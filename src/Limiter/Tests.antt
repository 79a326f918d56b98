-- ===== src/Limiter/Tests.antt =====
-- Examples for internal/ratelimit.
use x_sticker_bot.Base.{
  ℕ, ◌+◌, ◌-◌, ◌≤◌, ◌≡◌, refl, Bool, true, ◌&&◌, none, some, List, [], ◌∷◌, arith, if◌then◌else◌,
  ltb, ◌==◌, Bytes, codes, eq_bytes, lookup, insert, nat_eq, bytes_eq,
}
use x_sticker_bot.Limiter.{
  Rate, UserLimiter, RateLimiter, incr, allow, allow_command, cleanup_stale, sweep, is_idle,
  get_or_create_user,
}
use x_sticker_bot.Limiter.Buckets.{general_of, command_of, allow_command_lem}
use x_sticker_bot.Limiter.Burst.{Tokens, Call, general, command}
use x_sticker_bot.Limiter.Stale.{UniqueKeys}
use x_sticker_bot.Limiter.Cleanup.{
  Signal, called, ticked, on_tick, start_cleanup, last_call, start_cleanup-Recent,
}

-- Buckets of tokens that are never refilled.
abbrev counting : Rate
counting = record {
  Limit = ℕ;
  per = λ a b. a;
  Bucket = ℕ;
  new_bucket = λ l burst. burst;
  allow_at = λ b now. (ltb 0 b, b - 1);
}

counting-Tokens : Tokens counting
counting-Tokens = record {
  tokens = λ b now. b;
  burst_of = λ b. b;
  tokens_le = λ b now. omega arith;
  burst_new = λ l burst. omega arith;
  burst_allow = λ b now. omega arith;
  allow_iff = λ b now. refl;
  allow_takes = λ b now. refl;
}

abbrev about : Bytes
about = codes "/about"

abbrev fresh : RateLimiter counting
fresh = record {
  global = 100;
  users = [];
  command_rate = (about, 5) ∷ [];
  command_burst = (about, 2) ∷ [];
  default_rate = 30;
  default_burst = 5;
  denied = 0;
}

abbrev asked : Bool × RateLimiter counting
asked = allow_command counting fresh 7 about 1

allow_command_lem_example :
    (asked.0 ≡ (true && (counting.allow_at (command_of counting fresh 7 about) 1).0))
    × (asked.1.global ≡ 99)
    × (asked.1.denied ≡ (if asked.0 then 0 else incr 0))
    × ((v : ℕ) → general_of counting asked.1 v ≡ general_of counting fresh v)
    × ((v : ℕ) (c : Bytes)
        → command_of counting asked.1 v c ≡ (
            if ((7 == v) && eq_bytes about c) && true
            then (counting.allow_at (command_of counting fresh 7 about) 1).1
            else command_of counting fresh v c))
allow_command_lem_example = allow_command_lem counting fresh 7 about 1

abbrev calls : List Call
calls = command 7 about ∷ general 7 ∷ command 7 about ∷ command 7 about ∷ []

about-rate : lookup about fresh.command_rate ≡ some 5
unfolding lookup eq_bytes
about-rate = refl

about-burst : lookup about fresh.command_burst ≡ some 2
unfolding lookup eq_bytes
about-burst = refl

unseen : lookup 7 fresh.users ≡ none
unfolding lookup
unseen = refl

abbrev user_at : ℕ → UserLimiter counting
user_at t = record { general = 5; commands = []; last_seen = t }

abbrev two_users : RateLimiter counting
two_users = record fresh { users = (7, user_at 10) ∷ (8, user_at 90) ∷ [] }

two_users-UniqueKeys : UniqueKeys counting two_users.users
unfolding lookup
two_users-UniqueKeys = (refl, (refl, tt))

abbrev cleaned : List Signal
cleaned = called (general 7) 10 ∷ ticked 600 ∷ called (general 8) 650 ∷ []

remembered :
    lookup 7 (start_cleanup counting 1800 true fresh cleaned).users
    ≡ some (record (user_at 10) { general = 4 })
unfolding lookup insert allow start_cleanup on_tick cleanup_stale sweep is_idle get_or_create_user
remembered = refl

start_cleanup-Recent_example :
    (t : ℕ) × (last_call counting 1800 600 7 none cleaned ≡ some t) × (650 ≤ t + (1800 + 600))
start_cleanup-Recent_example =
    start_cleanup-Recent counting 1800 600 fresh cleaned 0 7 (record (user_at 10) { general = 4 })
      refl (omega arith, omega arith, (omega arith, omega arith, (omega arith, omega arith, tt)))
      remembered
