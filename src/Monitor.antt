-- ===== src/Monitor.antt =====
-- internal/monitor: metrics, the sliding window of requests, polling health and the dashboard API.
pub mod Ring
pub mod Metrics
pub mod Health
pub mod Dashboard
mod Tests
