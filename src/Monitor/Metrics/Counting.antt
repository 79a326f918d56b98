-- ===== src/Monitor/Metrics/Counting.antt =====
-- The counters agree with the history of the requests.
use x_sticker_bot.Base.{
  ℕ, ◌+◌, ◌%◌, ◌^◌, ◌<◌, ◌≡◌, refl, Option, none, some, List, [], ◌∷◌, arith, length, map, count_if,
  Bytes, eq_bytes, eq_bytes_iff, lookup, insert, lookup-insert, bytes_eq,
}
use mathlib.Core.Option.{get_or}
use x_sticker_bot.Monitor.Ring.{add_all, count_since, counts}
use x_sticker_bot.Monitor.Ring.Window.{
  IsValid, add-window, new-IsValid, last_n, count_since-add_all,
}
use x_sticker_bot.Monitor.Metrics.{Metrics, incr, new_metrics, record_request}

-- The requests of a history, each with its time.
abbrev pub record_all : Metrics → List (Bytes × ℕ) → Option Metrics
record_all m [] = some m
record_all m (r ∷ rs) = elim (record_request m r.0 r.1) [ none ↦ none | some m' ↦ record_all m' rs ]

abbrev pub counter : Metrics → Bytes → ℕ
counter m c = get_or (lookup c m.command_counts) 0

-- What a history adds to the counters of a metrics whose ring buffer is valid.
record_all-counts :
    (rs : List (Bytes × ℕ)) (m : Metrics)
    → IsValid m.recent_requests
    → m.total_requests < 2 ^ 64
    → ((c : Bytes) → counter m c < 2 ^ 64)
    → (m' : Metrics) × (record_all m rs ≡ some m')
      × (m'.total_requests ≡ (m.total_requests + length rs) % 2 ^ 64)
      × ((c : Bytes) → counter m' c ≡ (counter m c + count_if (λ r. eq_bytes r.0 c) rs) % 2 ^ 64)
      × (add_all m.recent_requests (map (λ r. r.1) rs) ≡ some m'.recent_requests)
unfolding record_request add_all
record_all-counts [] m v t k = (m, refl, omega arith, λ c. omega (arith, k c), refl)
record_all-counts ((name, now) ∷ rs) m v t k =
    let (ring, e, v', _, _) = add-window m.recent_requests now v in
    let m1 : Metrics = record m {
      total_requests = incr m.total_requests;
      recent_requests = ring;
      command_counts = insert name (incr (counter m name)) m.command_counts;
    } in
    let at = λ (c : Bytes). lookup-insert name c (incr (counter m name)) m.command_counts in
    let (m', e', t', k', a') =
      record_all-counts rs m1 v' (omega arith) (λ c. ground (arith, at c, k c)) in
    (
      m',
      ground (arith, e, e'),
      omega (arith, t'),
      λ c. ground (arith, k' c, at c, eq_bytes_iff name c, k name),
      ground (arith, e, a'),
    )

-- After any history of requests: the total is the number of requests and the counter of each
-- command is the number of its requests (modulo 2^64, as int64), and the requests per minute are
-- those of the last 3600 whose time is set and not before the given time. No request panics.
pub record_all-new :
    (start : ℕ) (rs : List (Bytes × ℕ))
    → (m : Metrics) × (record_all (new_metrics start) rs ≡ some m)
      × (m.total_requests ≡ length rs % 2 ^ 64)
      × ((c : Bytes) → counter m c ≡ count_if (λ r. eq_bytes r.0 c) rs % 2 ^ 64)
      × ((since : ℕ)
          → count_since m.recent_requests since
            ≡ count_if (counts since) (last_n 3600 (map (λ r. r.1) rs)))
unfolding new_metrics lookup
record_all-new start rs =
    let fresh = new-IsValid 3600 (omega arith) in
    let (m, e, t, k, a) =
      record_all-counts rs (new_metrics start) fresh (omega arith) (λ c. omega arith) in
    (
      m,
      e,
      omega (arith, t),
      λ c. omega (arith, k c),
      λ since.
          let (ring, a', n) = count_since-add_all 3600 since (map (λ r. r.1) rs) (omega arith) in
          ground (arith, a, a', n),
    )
▬▬▬▬▬▬▬▬▬▬
Work required:
The answer must be every line of the records above that holds the word "asked".

Completed exercise:
abbrev asked : Bool × RateLimiter counting
asked = allow_command counting fresh 7 about 1
    (asked.0 ≡ (true && (counting.allow_at (command_of counting fresh 7 about) 1).0))
    × (asked.1.global ≡ 99)
    × (asked.1.denied ≡ (if asked.0 then 0 else incr 0))
    × ((v : ℕ) → general_of counting asked.1 v ≡ general_of counting fresh v)
        → command_of counting asked.1 v c ≡ (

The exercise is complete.